Records contained in a dataset:
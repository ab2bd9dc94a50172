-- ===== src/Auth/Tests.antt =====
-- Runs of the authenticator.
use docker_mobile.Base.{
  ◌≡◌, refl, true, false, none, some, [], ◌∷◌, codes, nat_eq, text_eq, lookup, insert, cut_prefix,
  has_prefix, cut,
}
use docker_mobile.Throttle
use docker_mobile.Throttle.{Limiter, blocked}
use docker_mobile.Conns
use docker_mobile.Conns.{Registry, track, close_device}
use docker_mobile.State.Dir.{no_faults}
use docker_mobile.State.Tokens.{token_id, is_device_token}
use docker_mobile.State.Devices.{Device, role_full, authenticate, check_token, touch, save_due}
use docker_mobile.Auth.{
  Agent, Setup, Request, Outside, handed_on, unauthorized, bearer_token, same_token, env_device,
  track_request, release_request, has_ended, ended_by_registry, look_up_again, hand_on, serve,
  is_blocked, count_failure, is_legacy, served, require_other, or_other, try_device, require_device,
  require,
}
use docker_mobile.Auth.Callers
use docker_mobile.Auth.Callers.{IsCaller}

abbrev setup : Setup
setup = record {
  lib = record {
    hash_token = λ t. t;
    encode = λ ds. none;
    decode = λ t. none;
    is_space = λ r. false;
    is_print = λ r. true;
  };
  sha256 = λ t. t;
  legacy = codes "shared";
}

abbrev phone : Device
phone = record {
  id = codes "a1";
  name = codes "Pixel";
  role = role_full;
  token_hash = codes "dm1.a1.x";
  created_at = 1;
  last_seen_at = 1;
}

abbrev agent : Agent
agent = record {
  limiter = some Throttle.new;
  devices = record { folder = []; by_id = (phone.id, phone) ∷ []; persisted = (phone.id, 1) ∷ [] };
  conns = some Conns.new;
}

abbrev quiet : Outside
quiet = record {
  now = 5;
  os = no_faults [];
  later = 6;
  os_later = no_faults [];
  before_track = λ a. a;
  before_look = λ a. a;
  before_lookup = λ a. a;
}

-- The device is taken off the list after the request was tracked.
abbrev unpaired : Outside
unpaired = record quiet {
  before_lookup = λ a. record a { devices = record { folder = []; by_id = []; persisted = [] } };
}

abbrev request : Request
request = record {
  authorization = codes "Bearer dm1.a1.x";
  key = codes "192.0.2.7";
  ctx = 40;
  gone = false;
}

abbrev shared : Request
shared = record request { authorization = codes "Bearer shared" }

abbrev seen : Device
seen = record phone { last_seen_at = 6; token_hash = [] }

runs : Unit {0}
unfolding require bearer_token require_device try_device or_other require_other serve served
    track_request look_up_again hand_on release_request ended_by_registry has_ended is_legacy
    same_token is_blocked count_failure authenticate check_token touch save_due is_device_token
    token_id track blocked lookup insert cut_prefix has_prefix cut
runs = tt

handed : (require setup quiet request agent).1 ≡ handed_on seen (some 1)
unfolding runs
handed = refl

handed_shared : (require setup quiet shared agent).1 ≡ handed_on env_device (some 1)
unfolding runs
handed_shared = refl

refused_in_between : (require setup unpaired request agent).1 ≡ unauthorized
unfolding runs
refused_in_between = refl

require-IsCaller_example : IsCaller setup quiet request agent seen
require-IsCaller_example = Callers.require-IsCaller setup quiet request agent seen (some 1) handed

▶ [Try it] Return every line above exactly as it stands.

▶ [Answer to the problem]
repository ab2bd9dc94a50172
-- ===== src/Auth/Tests.antt =====
-- Runs of the authenticator.
use docker_mobile.Base.{
  ◌≡◌, refl, true, false, none, some, [], ◌∷◌, codes, nat_eq, text_eq, lookup, insert, cut_prefix,
  has_prefix, cut,
}
use docker_mobile.Throttle
use docker_mobile.Throttle.{Limiter, blocked}
use docker_mobile.Conns
use docker_mobile.Conns.{Registry, track, close_device}
use docker_mobile.State.Dir.{no_faults}
use docker_mobile.State.Tokens.{token_id, is_device_token}
use docker_mobile.State.Devices.{Device, role_full, authenticate, check_token, touch, save_due}
use docker_mobile.Auth.{
  Agent, Setup, Request, Outside, handed_on, unauthorized, bearer_token, same_token, env_device,
  track_request, release_request, has_ended, ended_by_registry, look_up_again, hand_on, serve,
  is_blocked, count_failure, is_legacy, served, require_other, or_other, try_device, require_device,
  require,
}
use docker_mobile.Auth.Callers
use docker_mobile.Auth.Callers.{IsCaller}

abbrev setup : Setup
setup = record {
  lib = record {
    hash_token = λ t. t;
    encode = λ ds. none;
    decode = λ t. none;
    is_space = λ r. false;
    is_print = λ r. true;
  };
  sha256 = λ t. t;
  legacy = codes "shared";
}

abbrev phone : Device
phone = record {
  id = codes "a1";
  name = codes "Pixel";
  role = role_full;
  token_hash = codes "dm1.a1.x";
  created_at = 1;
  last_seen_at = 1;
}

abbrev agent : Agent
agent = record {
  limiter = some Throttle.new;
  devices = record { folder = []; by_id = (phone.id, phone) ∷ []; persisted = (phone.id, 1) ∷ [] };
  conns = some Conns.new;
}

abbrev quiet : Outside
quiet = record {
  now = 5;
  os = no_faults [];
  later = 6;
  os_later = no_faults [];
  before_track = λ a. a;
  before_look = λ a. a;
  before_lookup = λ a. a;
}

-- The device is taken off the list after the request was tracked.
abbrev unpaired : Outside
unpaired = record quiet {
  before_lookup = λ a. record a { devices = record { folder = []; by_id = []; persisted = [] } };
}

abbrev request : Request
request = record {
  authorization = codes "Bearer dm1.a1.x";
  key = codes "192.0.2.7";
  ctx = 40;
  gone = false;
}

abbrev shared : Request
shared = record request { authorization = codes "Bearer shared" }

abbrev seen : Device
seen = record phone { last_seen_at = 6; token_hash = [] }

runs : Unit {0}
unfolding require bearer_token require_device try_device or_other require_other serve served
    track_request look_up_again hand_on release_request ended_by_registry has_ended is_legacy
    same_token is_blocked count_failure authenticate check_token touch save_due is_device_token
    token_id track blocked lookup insert cut_prefix has_prefix cut
runs = tt

handed : (require setup quiet request agent).1 ≡ handed_on seen (some 1)
unfolding runs
handed = refl

handed_shared : (require setup quiet shared agent).1 ≡ handed_on env_device (some 1)
unfolding runs
handed_shared = refl

refused_in_between : (require setup unpaired request agent).1 ≡ unauthorized
unfolding runs
refused_in_between = refl

require-IsCaller_example : IsCaller setup quiet request agent seen
require-IsCaller_example = Callers.require-IsCaller setup quiet request agent seen (some 1) handed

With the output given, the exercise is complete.